- **Task details**
Write out the records once more, exactly as given.

- **Records supplied**
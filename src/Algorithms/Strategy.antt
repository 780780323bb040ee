-- ===== src/Algorithms/Strategy.antt =====
-- `Strategy` of src/algorithms/strategy.py. Which hooks are called is recorded, and they are taken to
-- return and to leave the strategy alone. Parameters, handlers of orders and positions are left out.
pub mod Terminal
use algo_engine.Prelude.{
  ℕ, zero, suc, ◌+◌, ◌-◌, Bool, true, false, not, ◌&&◌, Option, none, some, List, [], ◌∷◌, ◌++◌,
  String, ltb, if◌then◌else◌, length, ◌==◌, drop,
}
use algo_engine.Prelude.Eq.{Eq, ◌=?◌, string_eq}
use algo_engine.Prelude.Dict.{Dict, lookup, insert, contains}
use algo_engine.Data.Aggregator.Bars.{Bar, last_of}
use algo_engine.Trading.Market.{Tick}
use algo_engine.Trading.Order.{Fill}

pub data StrategyState : Type 0 where
  initialized running paused stopped : StrategyState

-- What a strategy calls: its hooks, and the subscriptions of a symbol.
pub data StrategyCall (S D : Type 0) : Type 0 where
  on_start on_pause on_resume on_stop : StrategyCall S D
  subscribe_bar subscribe_tick : S → StrategyCall S D
  on_bar : Bar S D → StrategyCall S D
  on_tick : Tick S D → StrategyCall S D
  on_fill : Fill S D → StrategyCall S D
  fill_handler : ℕ → Fill S D → StrategyCall S D

-- How `submit_order` ends, with `None` or the AttributeError of `EventType.ORDER`; no order is ever returned.
pub data Submission : Type 0 where
  no_order no_event_type : Submission

-- How `get_latest_price` ends.
pub data LatestPrice (D : Type 0) : Type 0 where
  price : Option D → LatestPrice D
  attribute_error : LatestPrice D

pub record Strategy (S D : Type 0) : Type 0 where
  pub strategy_id : String
  pub symbols : List S
  pub state : StrategyState
  pub bars : Dict S (List (Bar S D))
  pub latest_ticks : Dict S (Tick S D)
  pub fill_handlers : List ℕ
  -- the earliest first
  pub called : List (StrategyCall S D)

abbrev pub is_state_running : StrategyState → Bool
is_state_running running = true
is_state_running _ = false

abbrev pub is_state_paused : StrategyState → Bool
is_state_paused paused = true
is_state_paused _ = false

abbrev pub is_state_stopped : StrategyState → Bool
is_state_stopped stopped = true
is_state_stopped _ = false

abbrev pub drop_first : {A : Type 0} → List A → List A
drop_first [] = []
drop_first (x ∷ xs) = xs

-- The bars of a symbol with one more, at most the last 1000.
abbrev pub push_bar : {A : Type 0} → A → List A → List A
push_bar b bs = let bs' = bs ++ (b ∷ []) in if ltb 1000 (length bs') then drop_first bs' else bs'

module _ {S D : Type 0} where
  abbrev pub no_bars : List S → Dict S (List (Bar S D))
  no_bars [] = []
  no_bars (s ∷ ss) = (s, []) ∷ no_bars ss

  -- `Strategy.__init__`, for symbols that are not repeated.
  unfoldable pub new_strategy : String → List S → Strategy S D
  new_strategy id symbols = record {
    strategy_id = id;
    symbols = symbols;
    state = initialized;
    bars = no_bars symbols;
    latest_ticks = [];
    fill_handlers = [];
    called = [];
  }

  abbrev pub is_running : Strategy S D → Bool
  is_running s = is_state_running s.state

  abbrev pub call : StrategyCall S D → Strategy S D → Strategy S D
  call c s = record s { called = s.called ++ (c ∷ []) }

  -- `_subscribe_to_events`
  abbrev pub subscriptions : List S → List (StrategyCall S D)
  subscriptions [] = []
  subscriptions (s ∷ ss) = subscribe_bar s ∷ subscribe_tick s ∷ subscriptions ss

  -- `start`
  unfoldable pub start : Strategy S D → Strategy S D
  start s =
      if is_state_stopped s.state
      then s
      else record s { state = running; called = s.called ++ (on_start ∷ subscriptions s.symbols) }

  -- `pause`, `resume` and `stop`
  unfoldable pub pause : Strategy S D → Strategy S D
  pause s = if is_state_running s.state then call on_pause (record s { state = paused }) else s

  unfoldable pub resume : Strategy S D → Strategy S D
  resume s = if is_state_paused s.state then call on_resume (record s { state = running }) else s

  unfoldable pub stop : Strategy S D → Strategy S D
  stop s = call on_stop (record s { state = stopped })

  -- `submit_order` of a strategy: `EventType` has no member ORDER, so making the event
  -- raises.
  unfoldable pub submit_order : Strategy S D → Submission
  submit_order s = if is_running s then no_event_type else no_order

  -- The calls of the handlers of a fill, in their order.
  abbrev pub handler_calls : Fill S D → List ℕ → List (StrategyCall S D)
  handler_calls g [] = []
  handler_calls g (h ∷ hs) = fill_handler h g ∷ handler_calls g hs

  -- `_on_fill`, which asks nothing of the state; the handlers are taken to return.
  unfoldable pub take_fill : Fill S D → Strategy S D → Strategy S D
  take_fill g s = record s { called = s.called ++ (on_fill g ∷ handler_calls g s.fill_handlers) }

  -- `on_fill_event`
  unfoldable pub on_fill_event : ℕ → Strategy S D → Strategy S D
  on_fill_event h s = record s { fill_handlers = s.fill_handlers ++ (h ∷ []) }

module _ {S D : Type 0} ⦃eq : Eq S⦄ where
  -- `_on_tick`
  unfoldable pub take_tick : Tick S D → Strategy S D → Strategy S D
  take_tick t s =
      if is_running s
      then call (on_tick t) (record s { latest_ticks = insert t.symbol t s.latest_ticks })
      else s

  abbrev pub bars_of : S → Strategy S D → List (Bar S D)
  bars_of symbol s = elim (lookup symbol s.bars) [ none ↦ [] | some bs ↦ bs ]

  -- `get_bars`; a slice from `-0` on is the whole list.
  unfoldable pub get_bars : S → ℕ → Strategy S D → List (Bar S D)
  get_bars symbol n s = let bs = bars_of symbol s in if n == 0 then bs else drop (length bs - n) bs

  -- `get_latest_price`: it reads `price` of a tick, which a `Tick` does not have.
  unfoldable pub get_latest_price : S → Strategy S D → LatestPrice D
  get_latest_price symbol s =
      if contains symbol s.latest_ticks
      then attribute_error
      else elim (bars_of symbol s) [ [] ↦ price none | b ∷ bs ↦ price (some (last_of b bs).close) ]

  -- `_on_bar`
  unfoldable pub take_bar : Bar S D → Strategy S D → Strategy S D
  take_bar b s =
      if is_running s
      then call (on_bar b) (record s {
        bars = elim (lookup b.symbol s.bars) as (λ _. Dict S (List (Bar S D))) [
          | none ↦ s.bars
          | some bs ↦ insert b.symbol (push_bar b bs) s.bars
        ];
      })
      else s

- **Solution to this task**
filename src/Algorithms/Strategy.antt
repository 780780323bb040ee
-- ===== src/Algorithms/Strategy.antt =====
-- `Strategy` of src/algorithms/strategy.py. Which hooks are called is recorded, and they are taken to
-- return and to leave the strategy alone. Parameters, handlers of orders and positions are left out.
pub mod Terminal
use algo_engine.Prelude.{
  ℕ, zero, suc, ◌+◌, ◌-◌, Bool, true, false, not, ◌&&◌, Option, none, some, List, [], ◌∷◌, ◌++◌,
  String, ltb, if◌then◌else◌, length, ◌==◌, drop,
}
use algo_engine.Prelude.Eq.{Eq, ◌=?◌, string_eq}
use algo_engine.Prelude.Dict.{Dict, lookup, insert, contains}
use algo_engine.Data.Aggregator.Bars.{Bar, last_of}
use algo_engine.Trading.Market.{Tick}
use algo_engine.Trading.Order.{Fill}

pub data StrategyState : Type 0 where
  initialized running paused stopped : StrategyState

-- What a strategy calls: its hooks, and the subscriptions of a symbol.
pub data StrategyCall (S D : Type 0) : Type 0 where
  on_start on_pause on_resume on_stop : StrategyCall S D
  subscribe_bar subscribe_tick : S → StrategyCall S D
  on_bar : Bar S D → StrategyCall S D
  on_tick : Tick S D → StrategyCall S D
  on_fill : Fill S D → StrategyCall S D
  fill_handler : ℕ → Fill S D → StrategyCall S D

-- How `submit_order` ends, with `None` or the AttributeError of `EventType.ORDER`; no order is ever returned.
pub data Submission : Type 0 where
  no_order no_event_type : Submission

-- How `get_latest_price` ends.
pub data LatestPrice (D : Type 0) : Type 0 where
  price : Option D → LatestPrice D
  attribute_error : LatestPrice D

pub record Strategy (S D : Type 0) : Type 0 where
  pub strategy_id : String
  pub symbols : List S
  pub state : StrategyState
  pub bars : Dict S (List (Bar S D))
  pub latest_ticks : Dict S (Tick S D)
  pub fill_handlers : List ℕ
  -- the earliest first
  pub called : List (StrategyCall S D)

abbrev pub is_state_running : StrategyState → Bool
is_state_running running = true
is_state_running _ = false

abbrev pub is_state_paused : StrategyState → Bool
is_state_paused paused = true
is_state_paused _ = false

abbrev pub is_state_stopped : StrategyState → Bool
is_state_stopped stopped = true
is_state_stopped _ = false

abbrev pub drop_first : {A : Type 0} → List A → List A
drop_first [] = []
drop_first (x ∷ xs) = xs

-- The bars of a symbol with one more, at most the last 1000.
abbrev pub push_bar : {A : Type 0} → A → List A → List A
push_bar b bs = let bs' = bs ++ (b ∷ []) in if ltb 1000 (length bs') then drop_first bs' else bs'

module _ {S D : Type 0} where
  abbrev pub no_bars : List S → Dict S (List (Bar S D))
  no_bars [] = []
  no_bars (s ∷ ss) = (s, []) ∷ no_bars ss

  -- `Strategy.__init__`, for symbols that are not repeated.
  unfoldable pub new_strategy : String → List S → Strategy S D
  new_strategy id symbols = record {
    strategy_id = id;
    symbols = symbols;
    state = initialized;
    bars = no_bars symbols;
    latest_ticks = [];
    fill_handlers = [];
    called = [];
  }

  abbrev pub is_running : Strategy S D → Bool
  is_running s = is_state_running s.state

  abbrev pub call : StrategyCall S D → Strategy S D → Strategy S D
  call c s = record s { called = s.called ++ (c ∷ []) }

  -- `_subscribe_to_events`
  abbrev pub subscriptions : List S → List (StrategyCall S D)
  subscriptions [] = []
  subscriptions (s ∷ ss) = subscribe_bar s ∷ subscribe_tick s ∷ subscriptions ss

  -- `start`
  unfoldable pub start : Strategy S D → Strategy S D
  start s =
      if is_state_stopped s.state
      then s
      else record s { state = running; called = s.called ++ (on_start ∷ subscriptions s.symbols) }

  -- `pause`, `resume` and `stop`
  unfoldable pub pause : Strategy S D → Strategy S D
  pause s = if is_state_running s.state then call on_pause (record s { state = paused }) else s

  unfoldable pub resume : Strategy S D → Strategy S D
  resume s = if is_state_paused s.state then call on_resume (record s { state = running }) else s

  unfoldable pub stop : Strategy S D → Strategy S D
  stop s = call on_stop (record s { state = stopped })

  -- `submit_order` of a strategy: `EventType` has no member ORDER, so making the event
  -- raises.
  unfoldable pub submit_order : Strategy S D → Submission
  submit_order s = if is_running s then no_event_type else no_order

  -- The calls of the handlers of a fill, in their order.
  abbrev pub handler_calls : Fill S D → List ℕ → List (StrategyCall S D)
  handler_calls g [] = []
  handler_calls g (h ∷ hs) = fill_handler h g ∷ handler_calls g hs

  -- `_on_fill`, which asks nothing of the state; the handlers are taken to return.
  unfoldable pub take_fill : Fill S D → Strategy S D → Strategy S D
  take_fill g s = record s { called = s.called ++ (on_fill g ∷ handler_calls g s.fill_handlers) }

  -- `on_fill_event`
  unfoldable pub on_fill_event : ℕ → Strategy S D → Strategy S D
  on_fill_event h s = record s { fill_handlers = s.fill_handlers ++ (h ∷ []) }

module _ {S D : Type 0} ⦃eq : Eq S⦄ where
  -- `_on_tick`
  unfoldable pub take_tick : Tick S D → Strategy S D → Strategy S D
  take_tick t s =
      if is_running s
      then call (on_tick t) (record s { latest_ticks = insert t.symbol t s.latest_ticks })
      else s

  abbrev pub bars_of : S → Strategy S D → List (Bar S D)
  bars_of symbol s = elim (lookup symbol s.bars) [ none ↦ [] | some bs ↦ bs ]

  -- `get_bars`; a slice from `-0` on is the whole list.
  unfoldable pub get_bars : S → ℕ → Strategy S D → List (Bar S D)
  get_bars symbol n s = let bs = bars_of symbol s in if n == 0 then bs else drop (length bs - n) bs

  -- `get_latest_price`: it reads `price` of a tick, which a `Tick` does not have.
  unfoldable pub get_latest_price : S → Strategy S D → LatestPrice D
  get_latest_price symbol s =
      if contains symbol s.latest_ticks
      then attribute_error
      else elim (bars_of symbol s) [ [] ↦ price none | b ∷ bs ↦ price (some (last_of b bs).close) ]

  -- `_on_bar`
  unfoldable pub take_bar : Bar S D → Strategy S D → Strategy S D
  take_bar b s =
      if is_running s
      then call (on_bar b) (record s {
        bars = elim (lookup b.symbol s.bars) as (λ _. Dict S (List (Bar S D))) [
          | none ↦ s.bars
          | some bs ↦ insert b.symbol (push_bar b bs) s.bars
        ];
      })
      else s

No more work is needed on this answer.